Instructions for the task:
Print out the records that follow, exactly and completely.

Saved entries

::::::::::

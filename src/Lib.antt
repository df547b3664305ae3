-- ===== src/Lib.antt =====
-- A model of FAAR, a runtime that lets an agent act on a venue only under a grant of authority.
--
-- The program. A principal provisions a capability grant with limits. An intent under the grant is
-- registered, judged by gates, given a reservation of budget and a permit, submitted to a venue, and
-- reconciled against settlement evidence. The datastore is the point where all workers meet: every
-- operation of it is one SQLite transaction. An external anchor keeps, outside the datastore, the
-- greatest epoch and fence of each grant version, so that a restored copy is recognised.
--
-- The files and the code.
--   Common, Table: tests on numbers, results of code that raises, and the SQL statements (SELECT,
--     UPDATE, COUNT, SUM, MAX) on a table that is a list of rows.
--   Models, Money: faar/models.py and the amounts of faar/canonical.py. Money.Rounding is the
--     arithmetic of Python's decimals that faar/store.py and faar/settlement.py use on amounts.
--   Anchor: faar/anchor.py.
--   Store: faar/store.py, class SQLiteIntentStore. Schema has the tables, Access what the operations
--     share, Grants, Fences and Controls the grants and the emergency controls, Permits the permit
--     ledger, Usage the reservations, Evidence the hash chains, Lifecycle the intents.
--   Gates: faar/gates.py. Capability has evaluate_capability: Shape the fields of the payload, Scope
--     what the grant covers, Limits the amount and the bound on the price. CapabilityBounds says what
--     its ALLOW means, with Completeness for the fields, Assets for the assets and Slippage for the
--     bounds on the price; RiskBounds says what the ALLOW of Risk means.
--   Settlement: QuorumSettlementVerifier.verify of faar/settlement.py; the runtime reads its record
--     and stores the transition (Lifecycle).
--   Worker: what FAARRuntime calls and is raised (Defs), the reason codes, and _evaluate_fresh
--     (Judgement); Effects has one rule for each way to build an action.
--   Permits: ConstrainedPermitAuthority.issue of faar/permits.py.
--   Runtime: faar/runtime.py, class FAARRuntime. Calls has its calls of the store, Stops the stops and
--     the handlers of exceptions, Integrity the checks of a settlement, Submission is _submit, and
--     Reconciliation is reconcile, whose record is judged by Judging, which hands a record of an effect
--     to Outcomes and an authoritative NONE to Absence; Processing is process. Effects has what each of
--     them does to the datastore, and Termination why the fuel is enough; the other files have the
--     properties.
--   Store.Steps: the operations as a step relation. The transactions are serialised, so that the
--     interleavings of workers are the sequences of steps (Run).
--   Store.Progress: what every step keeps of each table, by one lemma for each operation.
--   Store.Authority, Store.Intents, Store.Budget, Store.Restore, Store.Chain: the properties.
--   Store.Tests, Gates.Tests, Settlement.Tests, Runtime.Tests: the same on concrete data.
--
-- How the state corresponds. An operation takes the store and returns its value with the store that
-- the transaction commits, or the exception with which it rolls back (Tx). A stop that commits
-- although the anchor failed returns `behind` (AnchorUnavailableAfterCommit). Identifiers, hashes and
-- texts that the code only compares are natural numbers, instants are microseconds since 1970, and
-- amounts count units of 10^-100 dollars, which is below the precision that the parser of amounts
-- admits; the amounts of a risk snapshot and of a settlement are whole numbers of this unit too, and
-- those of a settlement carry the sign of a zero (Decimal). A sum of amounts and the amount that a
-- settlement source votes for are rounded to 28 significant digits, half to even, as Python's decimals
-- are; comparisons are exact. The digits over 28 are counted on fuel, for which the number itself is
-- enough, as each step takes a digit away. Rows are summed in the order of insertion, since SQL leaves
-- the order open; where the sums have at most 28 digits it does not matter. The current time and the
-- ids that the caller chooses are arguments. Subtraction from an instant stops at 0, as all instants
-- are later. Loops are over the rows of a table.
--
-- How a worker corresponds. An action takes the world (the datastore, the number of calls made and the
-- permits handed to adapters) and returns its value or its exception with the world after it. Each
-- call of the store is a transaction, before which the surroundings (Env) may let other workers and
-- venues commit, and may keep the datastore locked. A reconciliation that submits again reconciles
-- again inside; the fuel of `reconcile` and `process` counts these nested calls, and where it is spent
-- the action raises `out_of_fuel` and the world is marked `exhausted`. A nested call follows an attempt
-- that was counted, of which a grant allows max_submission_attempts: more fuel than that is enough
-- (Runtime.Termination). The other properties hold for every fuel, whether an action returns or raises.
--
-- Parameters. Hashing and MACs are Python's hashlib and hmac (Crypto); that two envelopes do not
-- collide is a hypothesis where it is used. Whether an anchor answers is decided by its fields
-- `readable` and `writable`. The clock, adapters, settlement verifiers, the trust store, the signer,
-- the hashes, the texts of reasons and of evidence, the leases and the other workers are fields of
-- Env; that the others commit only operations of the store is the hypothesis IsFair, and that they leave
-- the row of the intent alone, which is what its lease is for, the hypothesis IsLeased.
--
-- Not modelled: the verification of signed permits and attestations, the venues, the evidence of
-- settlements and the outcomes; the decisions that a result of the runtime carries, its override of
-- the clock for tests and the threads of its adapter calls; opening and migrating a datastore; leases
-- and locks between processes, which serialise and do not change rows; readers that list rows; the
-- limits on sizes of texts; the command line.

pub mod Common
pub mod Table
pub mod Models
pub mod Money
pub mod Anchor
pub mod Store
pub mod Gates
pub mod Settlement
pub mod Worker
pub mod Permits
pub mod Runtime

::::::::::

Result for this task:
filename src/Lib.antt
repository df547b3664305ae3
-- ===== src/Lib.antt =====
-- A model of FAAR, a runtime that lets an agent act on a venue only under a grant of authority.
--
-- The program. A principal provisions a capability grant with limits. An intent under the grant is
-- registered, judged by gates, given a reservation of budget and a permit, submitted to a venue, and
-- reconciled against settlement evidence. The datastore is the point where all workers meet: every
-- operation of it is one SQLite transaction. An external anchor keeps, outside the datastore, the
-- greatest epoch and fence of each grant version, so that a restored copy is recognised.
--
-- The files and the code.
--   Common, Table: tests on numbers, results of code that raises, and the SQL statements (SELECT,
--     UPDATE, COUNT, SUM, MAX) on a table that is a list of rows.
--   Models, Money: faar/models.py and the amounts of faar/canonical.py. Money.Rounding is the
--     arithmetic of Python's decimals that faar/store.py and faar/settlement.py use on amounts.
--   Anchor: faar/anchor.py.
--   Store: faar/store.py, class SQLiteIntentStore. Schema has the tables, Access what the operations
--     share, Grants, Fences and Controls the grants and the emergency controls, Permits the permit
--     ledger, Usage the reservations, Evidence the hash chains, Lifecycle the intents.
--   Gates: faar/gates.py. Capability has evaluate_capability: Shape the fields of the payload, Scope
--     what the grant covers, Limits the amount and the bound on the price. CapabilityBounds says what
--     its ALLOW means, with Completeness for the fields, Assets for the assets and Slippage for the
--     bounds on the price; RiskBounds says what the ALLOW of Risk means.
--   Settlement: QuorumSettlementVerifier.verify of faar/settlement.py; the runtime reads its record
--     and stores the transition (Lifecycle).
--   Worker: what FAARRuntime calls and is raised (Defs), the reason codes, and _evaluate_fresh
--     (Judgement); Effects has one rule for each way to build an action.
--   Permits: ConstrainedPermitAuthority.issue of faar/permits.py.
--   Runtime: faar/runtime.py, class FAARRuntime. Calls has its calls of the store, Stops the stops and
--     the handlers of exceptions, Integrity the checks of a settlement, Submission is _submit, and
--     Reconciliation is reconcile, whose record is judged by Judging, which hands a record of an effect
--     to Outcomes and an authoritative NONE to Absence; Processing is process. Effects has what each of
--     them does to the datastore, and Termination why the fuel is enough; the other files have the
--     properties.
--   Store.Steps: the operations as a step relation. The transactions are serialised, so that the
--     interleavings of workers are the sequences of steps (Run).
--   Store.Progress: what every step keeps of each table, by one lemma for each operation.
--   Store.Authority, Store.Intents, Store.Budget, Store.Restore, Store.Chain: the properties.
--   Store.Tests, Gates.Tests, Settlement.Tests, Runtime.Tests: the same on concrete data.
--
-- How the state corresponds. An operation takes the store and returns its value with the store that
-- the transaction commits, or the exception with which it rolls back (Tx). A stop that commits
-- although the anchor failed returns `behind` (AnchorUnavailableAfterCommit). Identifiers, hashes and
-- texts that the code only compares are natural numbers, instants are microseconds since 1970, and
-- amounts count units of 10^-100 dollars, which is below the precision that the parser of amounts
-- admits; the amounts of a risk snapshot and of a settlement are whole numbers of this unit too, and
-- those of a settlement carry the sign of a zero (Decimal). A sum of amounts and the amount that a
-- settlement source votes for are rounded to 28 significant digits, half to even, as Python's decimals
-- are; comparisons are exact. The digits over 28 are counted on fuel, for which the number itself is
-- enough, as each step takes a digit away. Rows are summed in the order of insertion, since SQL leaves
-- the order open; where the sums have at most 28 digits it does not matter. The current time and the
-- ids that the caller chooses are arguments. Subtraction from an instant stops at 0, as all instants
-- are later. Loops are over the rows of a table.
--
-- How a worker corresponds. An action takes the world (the datastore, the number of calls made and the
-- permits handed to adapters) and returns its value or its exception with the world after it. Each
-- call of the store is a transaction, before which the surroundings (Env) may let other workers and
-- venues commit, and may keep the datastore locked. A reconciliation that submits again reconciles
-- again inside; the fuel of `reconcile` and `process` counts these nested calls, and where it is spent
-- the action raises `out_of_fuel` and the world is marked `exhausted`. A nested call follows an attempt
-- that was counted, of which a grant allows max_submission_attempts: more fuel than that is enough
-- (Runtime.Termination). The other properties hold for every fuel, whether an action returns or raises.
--
-- Parameters. Hashing and MACs are Python's hashlib and hmac (Crypto); that two envelopes do not
-- collide is a hypothesis where it is used. Whether an anchor answers is decided by its fields
-- `readable` and `writable`. The clock, adapters, settlement verifiers, the trust store, the signer,
-- the hashes, the texts of reasons and of evidence, the leases and the other workers are fields of
-- Env; that the others commit only operations of the store is the hypothesis IsFair, and that they leave
-- the row of the intent alone, which is what its lease is for, the hypothesis IsLeased.
--
-- Not modelled: the verification of signed permits and attestations, the venues, the evidence of
-- settlements and the outcomes; the decisions that a result of the runtime carries, its override of
-- the clock for tests and the threads of its adapter calls; opening and migrating a datastore; leases
-- and locks between processes, which serialise and do not change rows; readers that list rows; the
-- limits on sizes of texts; the command line.

pub mod Common
pub mod Table
pub mod Models
pub mod Money
pub mod Anchor
pub mod Store
pub mod Gates
pub mod Settlement
pub mod Worker
pub mod Permits
pub mod Runtime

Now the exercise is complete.